One diehard from Larsen, Wis., seemingly speaking for all Sweet fans, said: “Why Matthew Sweet hasn’t consistently had hit records remains one of the mysteries in modern music. … This best-of collection follows his excellent ‘Pet Sounds’ for the ’90s, ‘In Reverse.’ And although fans will quibble over the track selection, this is a solid set. Those who are fans of Big Star, the Raspberries, Badfinger, Beatles, Beach Boys will love this CD. Not a bad song in the bunch. Listen to this over and over, then go out and buy his other CDs.”
“Times change, and it becomes more difficult, especially right now, for artists like me. On a certain level, I guess it doesn’t surprise me that much that I’m not suddenly having huge commercial success when no one else remotely like me is either. It’s frustrating, but it sure does give me hope when people say all those nice things about me. That’s all I can say.”

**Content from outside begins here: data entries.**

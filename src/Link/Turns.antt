-- ===== src/Link/Turns.antt =====
-- One turn of the loop of a receiving thread (RPi/usart.cpp, server/tls-alex-server.cpp) in a run.
use cg2111a_b.Base.{
  ℕ, ◌≤◌, ◌<◌, ◌≡◌, refl, sym, ap, ◌∙◌, arith, List, [], ◌∷◌, ◌++◌, some, length, drop,
  length-append, append_assoc, le→leb, lt→ltb, All,
}
use native.Mathlib.Decide.{dec_le}
use cg2111a_b.Memory.{overwrite}
use cg2111a_b.Memory.Splice.{overwrite_all, length-overwrite}
use cg2111a_b.Packet.{packet_bytes_len}
use cg2111a_b.Serialize.{Receiver, Result, packet_size, packet_ok, packet_incomplete, deserialize}
use cg2111a_b.Serialize.Pending.{pending, IsValid}
use cg2111a_b.Serialize.Calls.{deserialize_waits, deserialize_delivers}
use cg2111a_b.Link.{Read, got, failed, Thread, turn, handled}
use cg2111a_b.Link.Stream.{Sent, IsSent, stream, bytes_of, overwrite_front, first_frame}

module _ {ℓ} {S : Type ℓ} (handle_packet : List ℕ → S → S) (handle_error : Result → S → S) where
  -- Every packet handed to the handler, in the order of sending.
  abbrev pub handle_all : List Sent → S → S
  handle_all [] s = s
  handle_all (m ∷ ms) s = handle_all ms (handle_packet m.structure s)

  pub record IsRunning (t : Thread handle_packet handle_error) : Type 0 where
    pub buffer_size : length t.buffer ≡ packet_size
    pub packet_len : length t.packet ≡ packet_bytes_len
    pub valid : IsValid t.receiver

  -- A turn keeps the stream: what waits and what is still to be read is what is still to come.
  pub record Turned (t : Thread handle_packet handle_error) (r : Read) (later : List ℕ)
      (ms : List Sent) : Type ℓ where
    pub next : Thread handle_packet handle_error
    pub more : List Sent
    pub sent : All IsSent more
    pub made : turn handle_packet handle_error t r ≡ some next
    pub running : IsRunning next
    pub kept : pending next.receiver ++ later ≡ stream more
    pub same : handle_all more next.state ≡ handle_all ms t.state

  pub turn_call :
      (t : Thread handle_packet handle_error) (b : ℕ) (chunk : List ℕ) (after : Receiver)
      (packet' : List ℕ) (result : Result)
      → length (b ∷ chunk) ≤ packet_size
      → length t.buffer ≡ packet_size
      → deserialize t.receiver
          ((b ∷ chunk) ++ drop (length (b ∷ chunk)) t.buffer)
          (length (b ∷ chunk))
          t.packet
        ≡ some (after, packet', result)
      → turn handle_packet handle_error t (got (b ∷ chunk))
        ≡ some (record {
          buffer = overwrite t.buffer (b ∷ chunk);
          packet = packet';
          receiver = after;
          state = handled handle_packet handle_error result packet' t.state;
        })
  unfolding turn
  turn_call t b chunk after packet' result short size call =
      rw
        (
          le→leb (length (b ∷ chunk)) packet_size short,
          lt→ltb 0 (length (b ∷ chunk)) (omega arith),
          ap (λ read. deserialize t.receiver read (length (b ∷ chunk)) t.packet)
              (overwrite_front t.buffer (b ∷ chunk) (omega arith)),
          call,
        )
        refl

  turn_waits :
      (t : Thread handle_packet handle_error) (b : ℕ) (chunk later : List ℕ) (ms : List Sent)
      → IsRunning t
      → All IsSent ms
      → length (b ∷ chunk) ≤ packet_size
      → length (pending t.receiver ++ (b ∷ chunk)) < packet_size
      → (pending t.receiver ++ (b ∷ chunk)) ++ later ≡ stream ms
      → Turned t (got (b ∷ chunk)) later ms
  turn_waits t b chunk later ms h sent short few e =
      let c =
        deserialize_waits t.receiver (b ∷ chunk) (drop (length (b ∷ chunk)) t.buffer) t.packet
          h.valid short few in
      record {
        next = record {
          buffer = overwrite t.buffer (b ∷ chunk);
          packet = t.packet;
          receiver = c.after;
          state = t.state;
        };
        more = ms;
        sent = sent;
        made = turn_call t b chunk c.after t.packet packet_incomplete short h.buffer_size c.call;
        running = record {
          buffer_size = length-overwrite t.buffer (b ∷ chunk) ∙ h.buffer_size;
          packet_len = h.packet_len;
          valid = c.valid;
        };
        kept = ap (λ q. q ++ later) c.left ∙ e;
        same = refl;
      }

  turn_delivers :
      (t : Thread handle_packet handle_error) (b : ℕ) (chunk later : List ℕ) (ms : List Sent)
      → IsRunning t
      → All IsSent ms
      → length (b ∷ chunk) ≤ packet_size
      → packet_size ≤ length (pending t.receiver ++ (b ∷ chunk))
      → (pending t.receiver ++ (b ∷ chunk)) ++ later ≡ stream ms
      → Turned t (got (b ∷ chunk)) later ms
  turn_delivers t b chunk later [] h sent short many e =
      absurd (omega (arith, ap length e, length-append (pending t.receiver ++ (b ∷ chunk)) later))
  turn_delivers t b chunk later (m ∷ ms) h sent short many e =
      let (first, others) =
        first_frame (pending t.receiver ++ (b ∷ chunk)) later m ms sent.0 many e in
      let c =
        deserialize_delivers t.receiver (b ∷ chunk) (drop (length (b ∷ chunk)) t.buffer) t.packet
          h.valid short m.slot m.structure sent.0.0 (omega (arith, sent.0.1))
          (omega (arith, sent.0.1, h.packet_len)) many first in
      let whole : overwrite t.packet m.structure ≡ m.structure =
        overwrite_all t.packet m.structure (sent.0.1 ∙ sym h.packet_len) in
      record {
        next = record {
          buffer = overwrite t.buffer (b ∷ chunk);
          packet = overwrite t.packet m.structure;
          receiver = c.after;
          state = handle_packet (overwrite t.packet m.structure) t.state;
        };
        more = ms;
        sent = sent.1;
        made =
            turn_call t b chunk c.after (overwrite t.packet m.structure) packet_ok short
              h.buffer_size c.call;
        running = record {
          buffer_size = length-overwrite t.buffer (b ∷ chunk) ∙ h.buffer_size;
          packet_len = length-overwrite t.packet m.structure ∙ h.packet_len;
          valid = c.valid;
        };
        kept = ap (λ q. q ++ later) c.left ∙ others;
        same = ap (λ p. handle_all ms (handle_packet p t.state)) whole;
      }

  turn_idle :
      (t : Thread handle_packet handle_error) (r : Read) (later : List ℕ) (ms : List Sent)
      → IsRunning t
      → All IsSent ms
      → turn handle_packet handle_error t r ≡ some t
      → pending t.receiver ++ later ≡ stream ms
      → Turned t r later ms
  turn_idle t r later ms h sent made e = record {
    next = t;
    more = ms;
    sent = sent;
    made = made;
    running = h;
    kept = e;
    same = refl;
  }

  pub turn-Turned :
      (t : Thread handle_packet handle_error) (r : Read) (later : List ℕ) (ms : List Sent)
      → IsRunning t
      → All IsSent ms
      → length (bytes_of r) ≤ packet_size
      → pending t.receiver ++ (bytes_of r ++ later) ≡ stream ms
      → Turned t r later ms
  turn-Turned t failed later ms h sent short e =
      turn_idle t failed later ms h sent (unfold turn in refl) e
  turn-Turned t (got []) later ms h sent short e =
      turn_idle t (got []) later ms h sent (unfold turn in refl) e
  turn-Turned t (got (b ∷ chunk)) later ms h sent short e =
      let a = pending t.receiver ++ (b ∷ chunk) in
      let e' : a ++ later ≡ stream ms = append_assoc (pending t.receiver) (b ∷ chunk) later ∙ e in
      elim (dec_le packet_size (length a)) [
        | yes many ↦ turn_delivers t b chunk later ms h sent short many e'
        | no few ↦ turn_waits t b chunk later ms h sent short (omega arith) e'
      ]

THE FIRST RECORD I EVER BOUGHT: “Electric Light Orchestra’s ‘New World Record,’ when I was in the fifth or sixth grade. I also had the green vinyl 45 of ‘Telephone Line.’ I thought they were very cool sounding. A bit of Lennon trivia for you, apparently he really loved ELO and said they went well with the Beatles.”
THE FIRST CONCERT I EVER WENT TO: “Interestingly enough, I went to see ELO play, with all the green lasers, in Omaha. I went with my brother and his girlfriend and my girlfriend. The place was so thick with pot smoke, I was practically developing asthma right then and there. I was breathing through my sweater. I ended up making out with my girlfriend in the back seat of the car all the way back home. A great night all around.”
THE LAST CD I BOUGHT: “I got the reissues of John Lennon’s ‘Walls and Bridges’ and ‘Imagine’ while I was at the Rock and Roll Hall of Fame. I had driven out there to play at the opening of the Lennon exhibit and it made me want to expand my Lennon collection. Lennon’s really my inspiration right now. I’m getting back to what’s good and what’s real and honest about music.”